The increase in the duration of paternity leave has contributed to an increase in the number of sick leave (now there are 531,000 more each quarter), although the main reason is due to the aging of the population, according to data from mutual insurance companies. .

This increase in sick leave and permits, together with part-time work and the rise of discontinuous permanent contracts -which do not work during some seasons-, cause the recovery of employment in the number of employed to be very out of step with the recovery of employment in hours worked. The country has 5.7% more workers, but the average number of hours worked per week has fallen by 5.1%. This phenomenon, which is common to other EU countries, is also influenced by the sectoral restructuring of employment.

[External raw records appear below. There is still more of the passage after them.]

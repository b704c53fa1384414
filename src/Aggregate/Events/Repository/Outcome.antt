-- ===== src/Aggregate/Events/Repository/Outcome.antt =====
-- What a submission does to the store, on each of its branches.
use minos_python.Base.{
  ℕ, ◌+◌, ◌≤◌, ◌≡◌, refl, ap, ◌∙◌, when, ◌⊎◌, inl, inr, true, false, Option, none, some, List, [],
  ◌∷◌, ◌++◌, arith, ltb→le, ltb→lt, ◌<◌, sym, append-nil, ◌==◌, ltb, if◌then◌else◌, get_or,
  Bool-cases, Result, return, raise,
}
use minos_python.Aggregate.Store.{
  Uuid, null_uuid, EventAction, EventEntry, StoredEvent, Notification, Store, Environment, Error,
  event_repository, event_conflict,
}
use minos_python.Aggregate.Events.Repository.Blocking.{is_blocked, validate-is_blocked}
use minos_python.Aggregate.Events.Repository.{
  offset, next_version, counted, as_stored, store_entry, with_uuid, submit_entry, notifications,
  send_events, submit_checked, submit_action, submit,
}

-- The messages for an entry that was stored: none inside a transaction.
abbrev pub sent : Environment → StoredEvent → List Notification
sent env e = if e.transaction_uuid == null_uuid then notifications env e else []

-- `e` is what `entry`, whose identifier is set, becomes when it is stored in `s`.
pub record IsStored (env : Environment) (entry : EventEntry) (action : EventAction) (s : Store)
    (e : StoredEvent) : Type 0 where
  pub uuid : e.uuid ≡ entry.uuid
  pub name : e.name ≡ entry.name
  pub payload : e.payload ≡ entry.payload
  pub transaction_uuid : e.transaction_uuid ≡ entry.transaction_uuid
  pub action_kept : e.action ≡ action
  pub version : e.version ≡ get_or entry.version (next_version entry s)
  pub fits : next_version entry s ≤ e.version
  pub id : e.id ≡ s.generated + 1

-- The store after the entry was added.
pub record IsAdded (entry : EventEntry) (s : Store) (messages : List Notification) (e : StoredEvent)
    (s' : Store) : Type 0 where
  pub events : s'.events ≡ s.events ++ (e ∷ [])
  pub generated : s'.generated ≡ s.generated + 1
  pub counters : s'.next_versions ≡ counted entry s
  pub transactions : s'.transactions ≡ s.transactions
  pub context : s'.context ≡ s.context
  pub published : s'.published ≡ s.published ++ messages

-- The store after a refused attempt: `counters` tells whether the attempt was counted.
pub record IsRefused (counters : ℕ → Uuid → Uuid → ℕ) (s s' : Store) : Type 0 where
  pub events : s'.events ≡ s.events
  pub generated : s'.generated ≡ s.generated
  pub counters_now : s'.next_versions ≡ counters
  pub transactions : s'.transactions ≡ s.transactions
  pub context : s'.context ≡ s.context
  pub published : s'.published ≡ s.published

store_entry-cases :
    (env : Environment) (entry : EventEntry) (action : EventAction) (s : Store)
    → let (r, s') = store_entry env entry action s in
      ((e : StoredEvent) × (r ≡ return e) × IsStored env entry action s e × IsAdded entry s [] e s')
      ⊎ (get_or entry.version (next_version entry s) < next_version entry s)
        × (r ≡ raise (event_conflict (offset s)))
        × IsRefused (counted entry s) s s'
unfolding store_entry
store_entry-cases env entry action s =
    let e = as_stored env entry action s in
    elim (Bool-cases (ltb e.version (next_version entry s))) [
      | inl low ↦ rw low (inr (ltb→lt _ _ low, refl, refused))
      | inr high ↦ rw high (inl (e, refl, stored high, added))
    ]
  where
    refused :
        IsRefused
          (counted entry s)
          s
          (record s { next_versions = counted entry s; ticks = s.ticks + 1 })
    refused = ground arith

    stored :
        ltb (get_or entry.version (next_version entry s)) (next_version entry s) ≡ false
        → IsStored env entry action s (as_stored env entry action s)
    stored high = record {
      uuid = refl;
      name = refl;
      payload = refl;
      transaction_uuid = refl;
      action_kept = refl;
      version = refl;
      fits = ltb→le _ _ high;
      id = refl;
    }

    added : IsAdded entry s [] (as_stored env entry action s) (record s {
      events = s.events ++ (as_stored env entry action s ∷ []);
      generated = s.generated + 1;
      next_versions = counted entry s;
      ticks = s.ticks + 1;
    })
    added = record {
      events = refl;
      generated = refl;
      counters = refl;
      transactions = refl;
      context = refl;
      published = sym (append-nil s.published);
    }

-- What a call of `submit` can do: it stores the entry, numbers it, and sends the messages of an entry
-- outside of every transaction; or its version is too low, and only the counter of versions has
-- moved; or `validate` refuses it; or it has no action.
pub data Submitted (env : Environment) (entry : EventEntry) (ne : Option Uuid) (s : Store)
    (r : Result Error StoredEvent) (s' : Store) : Type 0 where
  accepted :
      (action : EventAction) (e : StoredEvent)
      → entry.action ≡ some action
      → is_blocked entry.uuid entry.transaction_uuid ne s.transactions s.events ≡ false
      → r ≡ return e
      → IsStored env (with_uuid env entry s) action s e
      → IsAdded (with_uuid env entry s) s (sent env e) e s'
      → Submitted env entry ne s r s'
  too_low :
      is_blocked entry.uuid entry.transaction_uuid ne s.transactions s.events ≡ false
      → get_or entry.version (next_version (with_uuid env entry s) s)
        < next_version (with_uuid env entry s) s
      → r ≡ raise (event_conflict (offset s))
      → IsRefused (counted (with_uuid env entry s) s) s s'
      → Submitted env entry ne s r s'
  blocked :
      is_blocked entry.uuid entry.transaction_uuid ne s.transactions s.events ≡ true
      → r ≡ raise (event_conflict (offset s))
      → s' ≡ s
      → Submitted env entry ne s r s'
  no_action :
      entry.action ≡ none → r ≡ raise event_repository → s' ≡ s → Submitted env entry ne s r s'

-- Sending messages touches nothing else.
announced :
    (env : Environment) (entry : EventEntry) (s : Store) (e : StoredEvent) (m : Store)
    → IsAdded entry s [] e m
    → IsAdded entry s (sent env e) e (record m { published = m.published ++ sent env e })
announced env entry s e m a = record {
  events = a.events;
  generated = a.generated;
  counters = a.counters;
  transactions = a.transactions;
  context = a.context;
  published = ap (λ l. l ++ sent env e) (a.published ∙ append-nil s.published);
}

unsent :
    (env : Environment) (e : StoredEvent) (m : Store)
    → (when (e.transaction_uuid == null_uuid) (send_events env e) m)
      ≡ (return tt, record m { published = m.published ++ sent env e })
unfolding send_events
unsent env e m = elim (Bool-cases (e.transaction_uuid == null_uuid)) [
  | inl root ↦ rw root
  | inr inner ↦ rw inner (rw (append-nil m.published))
]

submit_checked-cases :
    (env : Environment) (entry : EventEntry) (action : EventAction) (ne : Option Uuid) (s : Store)
    → entry.action ≡ some action
    → let (r, s') = submit_checked env entry action ne s in Submitted env entry ne s r s'
unfolding submit_checked submit_entry
submit_checked-cases env entry action ne s e =
    let valid = validate-is_blocked entry ne s in
    elim (Bool-cases (is_blocked entry.uuid entry.transaction_uuid ne s.transactions s.events)) [
      | inl bad ↦ rw (valid, bad) (blocked bad refl refl)
      | inr good ↦ elim (store_entry-cases env (with_uuid env entry s) action s) [
        | inr (low, raised, refused) ↦ rw (valid, good, raised) (too_low good low refl refused)
        | inl (stored, returned, is, added) ↦
            let m = (store_entry env (with_uuid env entry s) action s).1 in
            rw (valid, good, returned, unsent env stored m)
              (accepted action stored e good refl is
                (announced env (with_uuid env entry s) s stored m added))
      ]
    ]

submit_action-cases :
    (env : Environment) (entry : EventEntry) (ne : Option Uuid) (s : Store)
    (action : Option EventAction)
    → entry.action ≡ action
    → let (r, s') = submit_action env entry ne action s in Submitted env entry ne s r s'
unfolding submit_action
submit_action-cases env entry ne s none e = no_action e refl refl
submit_action-cases env entry ne s (some action) e = submit_checked-cases env entry action ne s e

-- Every call of `submit` ends in one of four ways. The entry is not blocked, its version is not below
-- the next one of its slot, and it is added with the next identifier; an entry outside of every
-- transaction is also announced. Or it is not blocked but its version is below the next one: a
-- conflict is raised, and only the counter of its slot has moved. Or it is blocked, since a
-- transaction that is about to write to its destination, other than the one to be skipped, has an
-- event of its entity, and a conflict is raised; or it has no action; and nothing has changed.
pub submit-Submitted :
    (env : Environment) (entry : EventEntry) (ne : Option Uuid) (s : Store)
    → let (r, s') = submit env entry ne s in Submitted env entry ne s r s'
unfolding submit
submit-Submitted env entry ne s = submit_action-cases env entry ne s entry.action refl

Beyond these trends, the biggest losers in the Spanish labor market are young people, since 22% of those between the ages of 15 and 29 would like to work but cannot find a job, according to Eurostat, compared to 10.9%. community average. Although youth unemployment in our country has fallen (in 2018 it was 26.5%), the improvement has been greater in other countries, with which we have gone from being the third worst in the EU to occupying last place.

Part of the unemployment problem is justified by training and by the fact that Spain has a higher proportion of overqualified young people (with studies) than the EU average and also a much higher number of people without training, but has a shortage of profiles with an average technical qualification (that is, with a Vocational Training degree). The Executive has committed in the Recovery Plan to promote VT and, especially, its dual modality (which promotes practices), but the country has a lot to do on this path.

Spain has also worsened its relative position compared to other European countries in proportion of ‘ninis’, young people who neither study nor work, and now stands in the eighth worst position in the EU (in 2018 it was tenth), despite the fact that this collective has been reduced from 15.3% to 12.7%.

For young people, the rise in the Minimum Interprofessional Wage that has occurred in the last five years, of 46.7%, going from 735.9 euros in fourteen payments to 1,080 euros, has meant a strong improvement in their purchasing power, although it must be borne in mind that, as various experts have warned, the increase in the SMI may pose a barrier to entry into the labor market for people without experience.